§ What you need to do: Set down exactly the lines in the records below that run from the line with "if ltb max_fee exit_route.price" to the line with "last_read_input = counter.download;", inclusive, and nothing more.

§ Records shown:
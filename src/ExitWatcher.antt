-- ===== src/ExitWatcher.antt =====
-- rita/src/rita_exit/traffic_watcher/mod.rs: what the clients of an exit owe for the traffic of a round,
-- and `prepare_usage_history` of althea_kernel_interface/src/wg_iface_counter.rs. A WireGuard key and an
-- IPv6 address are the numbers that their bytes spell.
pub mod Rounds
mod Tests
use althea_rs.Prelude.{
  ℕ, ◌+◌, ◌-◌, ◌*◌, ◌%◌, ◌^◌, Bool, Option, none, some, List, [], ◌∷◌, ◌==◌, ◌&&◌, ltb,
  if◌then◌else◌,
}
use althea_rs.Prelude.Int.{ℤ, pos, ◌-ℤ◌}
use althea_rs.Prelude.Maps.{HashMap, get, insert}
use althea_rs.AltheaTypes.{Identity, identity_key}
use althea_rs.UsageTracker.{UpdateUsage, exit as exit_usage}
use althea_rs.DebtKeeper.Keeper.{Traffic}
use althea_rs.TrafficWatcher.Keys.{ip_key}
use althea_rs.TrafficWatcher.Watch.{Route, Debts, traffic_vec}

pub record WgUsage : Type 0 where
  pub upload : ℕ
  pub download : ℕ

abbrev pub Usages : Type 0
Usages = HashMap ℕ WgUsage

-- The entry of a key that is in the history, by what is read now.
unfoldable pub refreshed : WgUsage → WgUsage → WgUsage
refreshed bytes history =
    let first =
      if ltb bytes.download history.download then record history { download = 0 } else history in
    if ltb bytes.upload first.upload then record first { download = 0 } else first

unfoldable pub prepare_usage_history : Usages → Usages → Usages
unfolding refreshed
prepare_usage_history [] usage_history = usage_history
prepare_usage_history ((wg_key, bytes) ∷ counters) usage_history =
    prepare_usage_history counters (elim (get wg_key usage_history) [
      | none ↦ insert wg_key bytes usage_history
      | some history ↦ insert wg_key (refreshed bytes history) usage_history
    ])

-- The loop of `generate_helper_maps`.
unfoldable pub helper_maps :
    List Identity
    → HashMap ℕ Identity × HashMap ℕ Identity
    → HashMap ℕ Identity × HashMap ℕ Identity
helper_maps [] maps = maps
helper_maps (ident ∷ clients) (identities, id_from_ip) =
    helper_maps clients
      (insert ident.wg_public_key ident identities, insert ident.mesh_ip ident id_from_ip)

-- The loop of `get_babel_info`.
unfoldable pub destinations_of : ℕ → HashMap ℕ Identity → List Route → HashMap ℕ ℕ → HashMap ℕ ℕ
destinations_of max_fee id_from_ip [] destinations = destinations
destinations_of max_fee id_from_ip (route ∷ routes) destinations =
    destinations_of max_fee id_from_ip routes (elim route.prefix [
      | none ↦ destinations
      | some (ip, length) ↦
          if length == 128 && route.installed
          then (elim (get ip id_from_ip) [
            | none ↦ destinations
            | some id ↦
                insert id.wg_public_key (if ltb max_fee route.price then max_fee else route.price)
                  destinations
          ])
          else destinations
    ])

-- The difference of `u64`.
unfoldable pub moved : ℕ → ℕ → ℕ
moved now before = (now + 2 ^ 64 - before) % 2 ^ 64

-- The sums of `counters_logging`, of `u64`.
unfoldable pub total_moved : (WgUsage → ℕ) → Usages → Usages → ℕ
unfolding moved
total_moved field [] history = 0
total_moved field ((key, val) ∷ counters) history = (elim (get key history) [
  | none ↦ total_moved field counters history
  | some history_val ↦
      (moved (field val) (field history_val) + total_moved field counters history) % 2 ^ 64
])

unfoldable pub counters_logging : Usages → Usages → ℕ → UpdateUsage
unfolding total_moved
counters_logging counters history exit_fee = record {
  kind = exit_usage;
  up = total_moved (λ u. u.upload) counters history;
  down = total_moved (λ u. u.download) counters history;
  price = exit_fee;
}

unfoldable pub setup_debts : HashMap ℕ Identity → Debts → Debts
setup_debts [] debts = debts
setup_debts ((key, ident) ∷ identities) debts = setup_debts identities (insert ident (pos 0) debts)

module _ (identities : HashMap ℕ Identity) (destinations : HashMap ℕ ℕ) where
  -- One turn of either loop: what it bills by the price of the destination, and the history after it.
  unfoldable pub bill_one :
      (ℕ → WgUsage → ℕ) → (WgUsage → WgUsage) → ℕ → Debts × Usages → Debts × Usages
  bill_one value seen wg_key (debts, usage_history) = elim (get wg_key identities) [
    | none ↦ (debts, usage_history)
    | some id ↦ elim (get wg_key destinations) [
      | none ↦ (debts, usage_history)
      | some dest ↦ elim (get wg_key usage_history) [
        | none ↦ (debts, usage_history)
        | some history ↦ elim (get id debts) [
          | none ↦ (debts, usage_history)
          | some debt ↦ (
            insert id (debt -ℤ pos (value dest history)) debts,
            insert wg_key (seen history) usage_history,
          )
        ]
      ]
    ]
  ]

  -- The two loops: the price of the exit for the download, and that with the price of the
  -- destination for the upload.
  unfoldable pub bill_input : ℕ → Usages → Debts × Usages → Debts × Usages
  unfolding bill_one moved
  bill_input our_price [] state = state
  bill_input our_price ((wg_key, bytes) ∷ counters) state = bill_input our_price counters (
      bill_one (λ dest history. our_price * moved bytes.download history.download)
        (λ history. record history { download = bytes.download }) wg_key state)

  unfoldable pub bill_output : ℕ → Usages → Debts × Usages → Debts × Usages
  unfolding bill_one moved
  bill_output our_price [] state = state
  bill_output our_price ((wg_key, bytes) ∷ counters) state = bill_output our_price counters (
      bill_one (λ dest history. (dest + our_price) % 2 ^ 64 * moved bytes.upload history.upload)
        (λ history. record history { upload = bytes.upload }) wg_key state)

-- What the kernel interface and babel answer, and the settings that are read.
pub record Inputs : Type 0 where
  pub clients : List Identity
  pub routes : List Route
  pub max_fee : ℕ
  pub local_fee : ℕ
  pub exit_price : ℕ
  pub our_id : Option Identity
  pub counters : Option Usages

-- `watch`: the messages, or an error, and the history. Our own address is that of our identity.
unfoldable pub watch : Inputs → Usages → Option (UpdateUsage × List Traffic) × Usages
unfolding helper_maps destinations_of prepare_usage_history counters_logging setup_debts bill_input
    bill_output traffic_vec
watch inputs usage_history = elim inputs.our_id [
  | none ↦ (none, usage_history)
  | some our_id ↦
      let (identities, id_from_ip) =
        helper_maps inputs.clients ([], insert our_id.mesh_ip our_id []) in
      let destinations =
        destinations_of inputs.max_fee id_from_ip inputs.routes
          (insert our_id.wg_public_key inputs.local_fee []) in
      elim inputs.counters [
        | none ↦ (none, usage_history)
        | some counters ↦
            let prepared = prepare_usage_history counters usage_history in
            let (debts, last) = bill_output identities destinations inputs.exit_price counters (
              bill_input identities destinations inputs.exit_price counters
                (setup_debts identities [], prepared)) in
            (
              some (
                counters_logging counters prepared (inputs.exit_price % 2 ^ 32),
                traffic_vec debts,
              ),
              last,
            )
      ]
]
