-- ===== src/ClientWatcher.antt =====
-- rita/src/rita_client/traffic_watcher/mod.rs: what a client owes its exit for the traffic of a round.
-- Sums and products of `i128` are exact; the product of `u64` wraps.
pub mod Rounds
pub mod Answers
mod Tests
use althea_rs.Prelude.{
  ℕ, ◌+◌, ◌-◌, ◌*◌, ◌%◌, ◌^◌, Bool, true, false, Option, none, some, List, [], ◌∷◌, ltb, ◌||◌, not,
  if◌then◌else◌,
}
use althea_rs.Prelude.Int.{ℤ, pos, leb_ℤ}
use althea_rs.AltheaTypes.{Identity}
use althea_rs.Float32.{Float32}
use althea_rs.UsageTracker.{UpdateUsage, client as client_usage}
use althea_rs.DebtKeeper.Keeper.{Traffic}
use althea_rs.ExitWatcher.{WgUsage, Usages}
use althea_rs.BabelMonitor.Records.{IpAddr, v4, v6, Route}
use althea_rs.BabelMonitor.Routes.{get_installed_route}

pub record TrafficWatcher : Type 0 where
  pub last_read_input : ℕ
  pub last_read_output : ℕ
  pub gateway_exit_client : Bool
  pub last_exit_dest_price : ℕ

-- `TrafficWatcher::default`
abbrev pub new_watcher : TrafficWatcher
new_watcher = record {
  last_read_input = 0;
  last_read_output = 0;
  gateway_exit_client = false;
  last_exit_dest_price = 0;
}

unfoldable pub we_are_gateway_client : Bool → TrafficWatcher → TrafficWatcher
we_are_gateway_client value history = record history { gateway_exit_client = value }

unfoldable pub get_exit_dest_price : TrafficWatcher → ℕ
get_exit_dest_price history = history.last_exit_dest_price

-- The last of the counters; the reading has failed or is empty at `none`.
unfoldable pub last_counter : Usages → Option WgUsage
last_counter [] = none
last_counter ((key, counter) ∷ res) = elim res [
  | [] ↦ some counter
  | next ∷ rest ↦ last_counter res
]

abbrev pub counter_of : Option Usages → Option WgUsage
counter_of none = none
counter_of (some res) = last_counter res

-- Counters that have fallen are those of a new interface.
unfoldable pub reset_if_fallen : WgUsage → TrafficWatcher → TrafficWatcher
reset_if_fallen counter history =
    if ltb counter.download history.last_read_input || ltb counter.upload history.last_read_output
    then record history { last_read_input = 0; last_read_output = 0 }
    else history

module _ {float : Float32} where
  unfoldable pub find_exit_route_capped : ℕ → IpAddr → List (Route float) → Option (Route float)
  unfolding get_installed_route
  find_exit_route_capped max_fee exit_mesh_ip routes =
      elim (get_installed_route exit_mesh_ip routes) [
        | none ↦ none
        | some exit_route ↦
            if ltb max_fee exit_route.price
            then some (record exit_route { price = max_fee })
            else some exit_route
      ]

  -- What is owed, or an error; the usage that is sent; and the state.
  unfoldable pub local_traffic_calculation :
      ℕ
      → Option Usages
      → Identity
      → ℕ
      → List (Route float)
      → TrafficWatcher
      → Option ℕ × Option UpdateUsage × TrafficWatcher
  unfolding find_exit_route_capped last_counter reset_if_fallen
  local_traffic_calculation max_fee counters exit exit_price routes history =
      elim (find_exit_route_capped max_fee (v6 exit.mesh_ip) routes) [
        | none ↦ (none, none, history)
        | some exit_route ↦ elim (counter_of counters) [
          | none ↦ (none, none, history)
          | some counter ↦
              let reset = reset_if_fallen counter history in
              let input = counter.download - reset.last_read_input in
              let output = counter.upload - reset.last_read_output in
              let exit_dest_price = exit_route.price + exit_price in
              let owes_exit = input * exit_dest_price + (exit_price * output) % 2 ^ 64 in
              (
                some owes_exit,
                if ltb 0 owes_exit
                    then some (record {
                      kind = client_usage;
                      up = output;
                      down = input;
                      price = exit_dest_price % 2 ^ 32;
                    })
                    else none,
                record reset {
                  last_read_input = counter.download;
                  last_read_output = counter.upload;
                  last_exit_dest_price = exit_dest_price;
                },
              )
        ]
      ]

-- What becomes of the request to the exit.
pub data Reply : Type 0 where
  no_stream no_response no_json : Reply
  debt : ℤ → Reply

-- The messages to the debt keeper.
pub data Sent : Type 0 where
  traffic_replace : Traffic → Sent
  key_insensitive_update : Traffic → Sent
  traffic_update : List Traffic → Sent

-- What is sent where the exit gives no number.
abbrev pub local_update : Identity → Option ℕ → Option Sent
local_update exit_id none = none
local_update exit_id (some val) =
    some (traffic_update (record { from = exit_id; amount = pos val } ∷ []))

unfoldable pub act_on : Bool → Identity → Option ℕ → Reply → Option Sent
act_on gateway_exit_client exit_id local_debt no_stream = local_update exit_id local_debt
act_on gateway_exit_client exit_id local_debt no_response = local_update exit_id local_debt
act_on gateway_exit_client exit_id local_debt no_json = local_update exit_id local_debt
act_on gateway_exit_client exit_id local_debt (debt amount) =
    if not gateway_exit_client
    then (if leb_ℤ (pos 0) amount
        then some (traffic_replace (record { from = exit_id; amount = amount }))
        else none)
    else (elim local_debt [
      | none ↦ none
      | some val ↦ some (key_insensitive_update (record { from = exit_id; amount = pos val }))
    ])

pub record QueryExitDebts (float : Float32) : Type 0 where
  pub exit_internal_addr : IpAddr
  pub exit_port : ℕ
  pub exit_id : Identity
  pub exit_price : ℕ
  pub routes : List (Route float)

-- The address and the port in one text are not parsed where the address is IPv6.
abbrev pub has_socket : IpAddr → Bool
has_socket (v4 a) = true
has_socket (v6 a) = false

-- `Handler<QueryExitDebts>` with the future that it starts: the message to the debt keeper, or a
-- panic; the usage that is sent; and the state.
unfoldable pub handle_query_exit_debts :
    {float : Float32}
    → ℕ
    → Option Usages
    → Reply
    → QueryExitDebts float
    → TrafficWatcher
    → Option (Option Sent) × Option UpdateUsage × TrafficWatcher
unfolding local_traffic_calculation act_on
handle_query_exit_debts max_fee counters reply msg history =
    let (local_debt, usage, history') =
      local_traffic_calculation max_fee counters msg.exit_id msg.exit_price msg.routes history in
    (
      if has_socket msg.exit_internal_addr
          then some (act_on history'.gateway_exit_client msg.exit_id local_debt reply)
          else none,
      usage,
      history',
    )
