-- ===== src/Fleet/Reconcile.antt =====
-- internal/controller/fleetrollout_controller.go: members, contestedMembers and reconcile with its
-- guards. What the API server and the label selectors answer is the record `Cluster`.
use stageset_controller.Prelude.{
  ℕ, String, str_eq, Bool, false, not, ◌||◌, Option, none, some, List, [], ◌∷◌, ◌++◌, map,
  if◌then◌else◌, is_some, any, keep_if, contains, lookup, Result, ◌>>=◌, ok, err,
}
use Prim.Native.String.{◌++◌ as str_append}
use stageset_controller.Metric.{MetricSource, MetricEndpoint, Floats}
use stageset_controller.Fleet.{
  FleetWaveGate, FleetWave, FleetRolloutSpec, FleetRollout, FleetReason, members_unassigned,
  invalid_selector, members_contested, gate_unsupported, FleetRolloutStatus, Member,
  fleet_requeue_interval,
}
use stageset_controller.Fleet.Rollout.{
  Patch, Group, Requeue, no_requeue, requeue_after, failed_call, FleetOutcome, concat_map, roll,
}

abbrev pub Labels : Type 0
Labels = List (String × String)

-- metav1.LabelSelectorAsSelector and the reads of the cluster, with `none` for an error.
pub record Cluster (L : Type 0) : Type 0 where
  pub as_selector : L → Option (Labels → Bool)
  pub stage_sets : (Labels → Bool) → Option (List Member)
  pub namespaces : (Labels → Bool) → Option (List String)
  pub fleet_rollouts : Option (List (FleetRollout L))

pub data MembersError : Type 0 where
  bad_selector list_failed bad_namespace_selector namespaces_failed : MembersError

-- m.Namespace + "/" + m.Name
abbrev pub key : Member → String
key m = str_append m.namespace (str_append "/" m.name)

abbrev pub or_error {ℓ} : {A : Type ℓ} → MembersError → Option A → Result MembersError A
or_error e none = err e
or_error e (some a) = ok a

abbrev is_set : Option MetricEndpoint → Bool
is_set none = false
is_set (some e) = is_some e.secret_ref

-- Whether gateSecretRef names a secret.
unfoldable pub has_secret_ref : Option FleetWaveGate → Bool
has_secret_ref none = false
has_secret_ref (some g) = is_set g.source.prometheus || is_set g.source.webhook

module _ {L : Type 0} (cluster : Cluster L) where
  unfoldable pub members : FleetRolloutSpec L → Result MembersError (List Member)
  members spec = do
    sel ← or_error bad_selector (cluster.as_selector spec.selector)
    list ← or_error list_failed (cluster.stage_sets sel)
    elim spec.namespace_selector [
      | none ↦ ok list
      | some ns ↦ (do
        ns_sel ← or_error bad_namespace_selector (cluster.as_selector ns)
        in_scope ← or_error namespaces_failed (cluster.namespaces ns_sel)
        ok (keep_if (λ m. contains m.namespace in_scope) list))
    ]

  -- claimedBy, from the entries so far: a member belongs to the first rollout that names it. A rollout
  -- whose members cannot be read is skipped.
  unfoldable pub claims : String → List (FleetRollout L) → List (String × String)
  unfolding members
  claims name [] = []
  claims name (o ∷ os) =
      let rest = claims name os in
      if str_eq o.name name
      then rest
      else elim (members o.spec) [ err e ↦ rest | ok ms ↦ map (λ m. (key m, o.name)) ms ++ rest ]

  -- The entry of a member that is claimed.
  abbrev pub conflict : List (String × String) → Member → List (String × String)
  conflict claimed m = elim (lookup (key m) claimed) [ none ↦ [] | some o ↦ (key m, o) ∷ [] ]

  -- The members that another rollout selects, each with that rollout.
  unfoldable pub contested_members : FleetRollout L → List Member → Option (List (String × String))
  unfolding claims concat_map
  contested_members fr ms = elim cluster.fleet_rollouts [
    | none ↦ none
    | some others ↦ some (concat_map (conflict (claims fr.name others)) ms)
  ]

  -- The loop over the waves' selectors and gates.
  unfoldable pub wave_selectors :
      List (FleetWave L) → Result FleetReason (List (FleetWave L × (Labels → Bool)))
  unfolding has_secret_ref
  wave_selectors [] = ok []
  wave_selectors (w ∷ ws) = elim (cluster.as_selector w.selector) [
    | none ↦ err invalid_selector
    | some sel ↦
        let rest = wave_selectors ws in
        if has_secret_ref w.gate then err gate_unsupported else (rest >>= λ r. ok ((w, sel) ∷ r))
  ]

  abbrev pub group : List Member → FleetWave L × (Labels → Bool) → Group L
  group ms (w, sel) = record { wave = w; members = keep_if (λ m. sel m.labels) ms }

  abbrev pub is_assigned : List (FleetWave L × (Labels → Bool)) → Member → Bool
  is_assigned waves m = any (λ (w, sel). sel m.labels) waves

  module _ {F : Type 0} (fl : Floats F) (querier : Option (MetricSource → Option F)) (now : ℕ)
      (accepts : Patch → Bool) where
    abbrev pub refused : FleetRolloutStatus → FleetReason → Requeue → FleetOutcome
    refused status reason requeue = record {
      status = record {
        observed_generation = status.observed_generation;
        phase = status.phase;
        current_wave = status.current_wave;
        waves = status.waves;
        ready = some (record { is_true = false; reason = reason });
      };
      patches = [];
      requeue = requeue;
    }

    abbrev pub observed : FleetRollout L → FleetRolloutStatus
    observed fr = record {
      observed_generation = fr.generation;
      phase = fr.status.phase;
      current_wave = fr.status.current_wave;
      waves = fr.status.waves;
      ready = fr.status.ready;
    }

    -- reconcile from the partition of the members into waves on.
    unfoldable pub reconcile_members :
        FleetRollout L → FleetRolloutStatus → List Member → FleetOutcome
    unfolding wave_selectors roll
    reconcile_members fr status ms = elim (wave_selectors fr.spec.waves) [
      | err reason ↦ refused status reason no_requeue
      | ok waves ↦
          if any (λ m. not (is_assigned waves m)) ms
          then refused status members_unassigned (requeue_after fleet_requeue_interval)
          else roll fl querier fr.spec status.waves now accepts status (map (group ms) waves)
    ]

    unfoldable pub reconcile : FleetRollout L → FleetOutcome
    unfolding members contested_members reconcile_members
    reconcile fr =
        let status = observed fr in
        elim (members fr.spec) [
          | err e ↦ refused status invalid_selector no_requeue
          | ok ms ↦ elim (contested_members fr ms) [
            | none ↦ record { status = status; patches = []; requeue = failed_call }
            | some [] ↦ reconcile_members fr status ms
            | some (c ∷ cs) ↦
                refused status members_contested (requeue_after fleet_requeue_interval)
          ]
        ]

§ Result:
            if ltb max_fee exit_route.price
            then some (record exit_route { price = max_fee })
            else some exit_route
      ]

  -- What is owed, or an error; the usage that is sent; and the state.
  unfoldable pub local_traffic_calculation :
      ℕ
      → Option Usages
      → Identity
      → ℕ
      → List (Route float)
      → TrafficWatcher
      → Option ℕ × Option UpdateUsage × TrafficWatcher
  unfolding find_exit_route_capped last_counter reset_if_fallen
  local_traffic_calculation max_fee counters exit exit_price routes history =
      elim (find_exit_route_capped max_fee (v6 exit.mesh_ip) routes) [
        | none ↦ (none, none, history)
        | some exit_route ↦ elim (counter_of counters) [
          | none ↦ (none, none, history)
          | some counter ↦
              let reset = reset_if_fallen counter history in
              let input = counter.download - reset.last_read_input in
              let output = counter.upload - reset.last_read_output in
              let exit_dest_price = exit_route.price + exit_price in
              let owes_exit = input * exit_dest_price + (exit_price * output) % 2 ^ 64 in
              (
                some owes_exit,
                if ltb 0 owes_exit
                    then some (record {
                      kind = client_usage;
                      up = output;
                      down = input;
                      price = exit_dest_price % 2 ^ 32;
                    })
                    else none,
                record reset {
                  last_read_input = counter.download;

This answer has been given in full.